For Democrats, including Cortez Masto, winning the Senate is the best way to further the agenda of Democrat Joe Biden, who will be sworn into office Jan. 20. Democrats already control the U.S. House of Representatives.

“Why I took on the DSCC is knowing that if we control the majority, we can do more for the state of Nevada in really supporting Biden and working (on) Biden’s agenda, which will help Nevadans who are struggling right now,” she said.

Front-and-center in that struggle is COVID-19 relief. Senate Republicans, led by Majority Leader Mitch McConnell of Kentucky, have balked at any bailout of state and local governments whose treasuries were decimated during the early days of the pandemic when many businesses were shuttered. In Nevada, state lawmakers were called into special session in June to reconcile a $1.2 billion shortfall in the state’s 2020 budget after the tap of tax revenues from resorts and casinos went dry during a two-month shutdown.
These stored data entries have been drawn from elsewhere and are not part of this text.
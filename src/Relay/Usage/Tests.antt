-- ===== src/Relay/Usage/Tests.antt =====
-- Examples of the usage stores.
use Prim.Native.Nat.{min}
use lockrail.Prelude.{◌-◌, ◌≡◌, ◌≤◌, refl, some, List, [], ◌∷◌, arith, err}
use lockrail.Prelude.Text.{Text, codes, text_eq}
use lockrail.Prelude.Map.{get}
use lockrail.Relay.Disk.{holds, smooth, map_of, load}
use lockrail.Relay.Usage.{Store, Call, current, record_use, granted, attempts}
use lockrail.Relay.Usage.Bound.{granted_lem}
use lockrail.Relay.Usage.File.{
  record_use_file, use_loaded, record_use_file-refines, record_use_file-err,
}
use lockrail.Vault.Error.{usage_limit_exceeded}

abbrev once : Text → Call
once k = record { capability_hash = k; max_uses = some 2 }

abbrev calls : List Call
calls = once (codes "a") ∷ once (codes "b") ∷ once (codes "a") ∷ once (codes "a") ∷ []

abbrev held : Store
held = (codes "a", 1) ∷ []

one_used : current held (codes "a") ≤ 2
unfolding get text_eq
one_used = omega arith

granted_example :
    granted (codes "a") held calls ≡ min (attempts (codes "a") calls) (2 - current held (codes "a"))
granted_example =
    granted_lem (codes "a") held calls 2 (omega arith)
      (λ e. refl, (λ e. refl, (λ e. refl, (λ e. refl, tt)))) one_used

record_use_file-refines_example :
    ((record_use_file smooth (holds held) (codes "a") (some 2)).0
      ≡ (record_use held (codes "a") (some 2)).0)
    × (map_of (record_use_file smooth (holds held) (codes "a") (some 2)).1
        ≡ (record_use held (codes "a") (some 2)).1)
record_use_file-refines_example = record_use_file-refines (holds held) (codes "a") (some 2) tt

refused : (record_use_file smooth (holds held) (codes "a") (some 1)).0 ≡ err usage_limit_exceeded
unfolding record_use_file use_loaded load record_use get text_eq
refused = refl

record_use_file-err_example :
    (record_use_file smooth (holds held) (codes "a") (some 1)).1 ≡ holds held
record_use_file-err_example =
    record_use_file-err smooth (holds held) (codes "a") (some 1) refl refused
As the new year begins, lawmakers are looking at an additional $300 million shortfall in the state budget.

“We need an administration that is going to work with us, and we need a Congress that recognizes there are still needs out there that need to be addressed because of this pandemic,” Cortez Masto said.
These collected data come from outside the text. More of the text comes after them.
-- ===== src/Vault.antt =====
-- The crate `lockrail-vault`: crates/lockrail-vault/src/lib.rs.
pub mod Error
pub mod Document
pub mod Libraries
pub mod Exec
pub mod Order
pub mod Names
pub mod Envelope
pub mod Keys
pub mod Save
pub mod Agents
pub mod WellFormed
pub mod Steps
Those needs, she said, extend beyond what was included in the stimulus package approved last month and signed into law by President Donald Trump.

Nevada’s issues, including housing insecurity, food security and unemployment levels, much of which can be linked to the state’s reliance on and the economic damage to the hospitality industry, give the Silver State a harder path to recovery than others, Cortez Masto said. Because of that, she has been pushing for additional relief for the hospitality industry, both here and nationwide.
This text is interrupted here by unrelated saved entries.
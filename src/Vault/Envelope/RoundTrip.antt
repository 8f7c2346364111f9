-- ===== src/Vault/Envelope/RoundTrip.antt =====
-- What `open_bytes` reads from the text that `seal_data` builds.
use lockrail.Prelude.{ℕ, ◌≡◌, refl, some, ok, ok_or, length, >>=-eq-ok, ok_or-eq-ok}
use lockrail.Prelude.Text.{Text}
use lockrail.Protocol.Crypto.{CryptoLaws, b64e}
use lockrail.Protocol.Json.{Json}
use lockrail.Vault.Document.{KdfParamsDoc, VaultEnvelope, VaultData, vault_version}
use lockrail.Vault.Envelope.{seal_data, open_bytes, migrate}
use lockrail.Vault.Libraries.{Libraries}
use lockrail.Vault.Error.{json, crypto}

-- AES-GCM decrypts what it encrypted, and serde_json reads back the envelope that it wrote.
pub record LibraryLaws (libs : Libraries) : Type 0 where
  pub base64 : CryptoLaws libs.crypto
  pub decrypt-encrypt :
      (key nonce aad message : Text) {c : Text}
      → libs.encrypt key nonce aad message ≡ some c
      → libs.decrypt key nonce aad c ≡ some message
  pub envelope_from_slice-envelope_to_vec_pretty :
      (e : VaultEnvelope) {t : Text}
      → libs.envelope_to_vec_pretty e ≡ some t
      → libs.envelope_from_slice t ≡ some e

-- serde_json reads back the data that it wrote, first as a value and then as data.
pub record ReadsBack (libs : Libraries) (d : VaultData) : Type 0 where
  pub value :
      {t : Text}
      → libs.data_to_vec d ≡ some t
      → (j : Json) × (libs.value_from_slice t ≡ some j) × (libs.data_from_value j ≡ some d)

module _ (libs : Libraries) (laws : LibraryLaws libs) (now : ℕ) (password : Text)
    (kdf : KdfParamsDoc) (d : VaultData) (salt nonce : Text) (twelve : length nonce ≡ 12) where
  made : Text → VaultEnvelope
  made ciphertext = record {
    version = vault_version;
    kdf = kdf;
    salt = b64e libs.crypto salt;
    nonce = b64e libs.crypto nonce;
    ciphertext = b64e libs.crypto ciphertext;
  }

  -- Reading, step by step.
  reading :
      (key aad plaintext ciphertext : Text) (j : Json) {t : Text}
      → libs.argon2 password salt kdf ≡ some key
      → libs.aad vault_version kdf (b64e libs.crypto salt) ≡ some aad
      → libs.encrypt key nonce aad plaintext ≡ some ciphertext
      → libs.envelope_to_vec_pretty (made ciphertext) ≡ some t
      → libs.value_from_slice plaintext ≡ some j
      → libs.data_from_value j ≡ some d
      → open_bytes libs now password t ≡ ok (kdf, d)
  unfolding made open_bytes migrate b64e
  reading key aad plaintext ciphertext j k a c e v r =
      rw
        (
          laws.envelope_from_slice-envelope_to_vec_pretty (made ciphertext) e,
          laws.base64.decode-encode salt,
          laws.base64.decode-encode nonce,
          laws.base64.decode-encode ciphertext,
          k,
          a,
          twelve,
          laws.decrypt-encrypt key nonce aad plaintext c,
          v,
          r,
        )
        refl

  pub open_bytes-seal_data :
      {t : Text}
      → ReadsBack libs d
      → seal_data libs password kdf d salt nonce ≡ ok t
      → open_bytes libs now password t ≡ ok (kdf, d)
  unfolding seal_data made
  open_bytes-seal_data reads done =
      let (key, k, s₁) = >>=-eq-ok (ok_or (libs.argon2 password salt kdf) crypto) _ done in
      let (aad, a, s₂) =
        >>=-eq-ok (ok_or (libs.aad vault_version kdf (b64e libs.crypto salt)) json) _ s₁ in
      let (plaintext, p, s₃) = >>=-eq-ok (ok_or (libs.data_to_vec d) json) _ s₂ in
      let (ciphertext, c, s₄) =
        >>=-eq-ok (ok_or (libs.encrypt key nonce aad plaintext) crypto) _ s₃ in
      let (j, v, r) = reads.value (ok_or-eq-ok (libs.data_to_vec d) json p) in
      reading key aad plaintext ciphertext j (ok_or-eq-ok (libs.argon2 password salt kdf) crypto k)
        (ok_or-eq-ok (libs.aad vault_version kdf (b64e libs.crypto salt)) json a)
        (ok_or-eq-ok (libs.encrypt key nonce aad plaintext) crypto c)
        (ok_or-eq-ok (libs.envelope_to_vec_pretty (made ciphertext)) json s₄) v r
“There is so much work that needs to be done in Nevada, and by really flipping the Senate we have the opportunity to do so,” she said.

If either of the Republican incumbents musters a win today in Georgia, the GOP will maintain control of the Senate and McConnell will continue to set the legislative agenda for the chamber, not Democrats or the Biden administration. That, Cortez Masto said, will lead to “gridlock and dysfunction” in the Senate for at least the next two years, when midterm elections are scheduled.

Nevada’s junior Democratic Sen. Jacky Rosen said in a statement that “a Democratic Senate would work with President-elect Biden to make sure families, workers and small businesses get the support they need to survive this pandemic and build back better.”

Ken Miller, an assistant professor of political science at UNLV, said a Democratic Senate majority would give Nevada’s senators the ability to exert more of a say in how legislation is drawn up at the committee level.

“I think where it could help out, especially in the case of Nevada, is you have two senators representing our state who are relatively young senators, in their first term, and they’re in the minority party,” he said. “If Senate control flips, now all of a sudden they’re sitting on committees where they have majority control of those committees.”

Cortez Masto said the DSCC was working with both the Georgia Democratic Party and the campaigns of Warnock and Ossoff after none of the Senate candidates in Georgia received a majority of the vote in the November elections, forcing today’s runoffs.

“Right after the (November) election our focus then was, OK, let’s focus on the ground game. We spent $5 million on behalf of the DSCC going into Georgia to make it competitive because we saw that opportunity there. Now with the support of the DSCC, the Democrats have built a multimillion-dollar coordinated campaign in Georgia,” Cortez Masto said.

Getting the Democratic vote out is the key in Georgia.

“It is all of the canvassing, where we can do it safely; it is the phone banking; it’s everything that we need to do not only to focus on key voters there, but also we have an opportunity to register new voters, and we did,” she said.

The effort appears to be working.

As of Monday morning, according to figures from the Georgia Secretary of State’s Office. more than 2 million Georgians had cast early ballots in in-person voting and another 967,000 had submitted absentee ballots by mail. The combined 3 million votes cast represents about 40 percent of the state’s electorate ahead of Election Day — numbers that were bolstering Cortez Masto’s and Democratic hopes.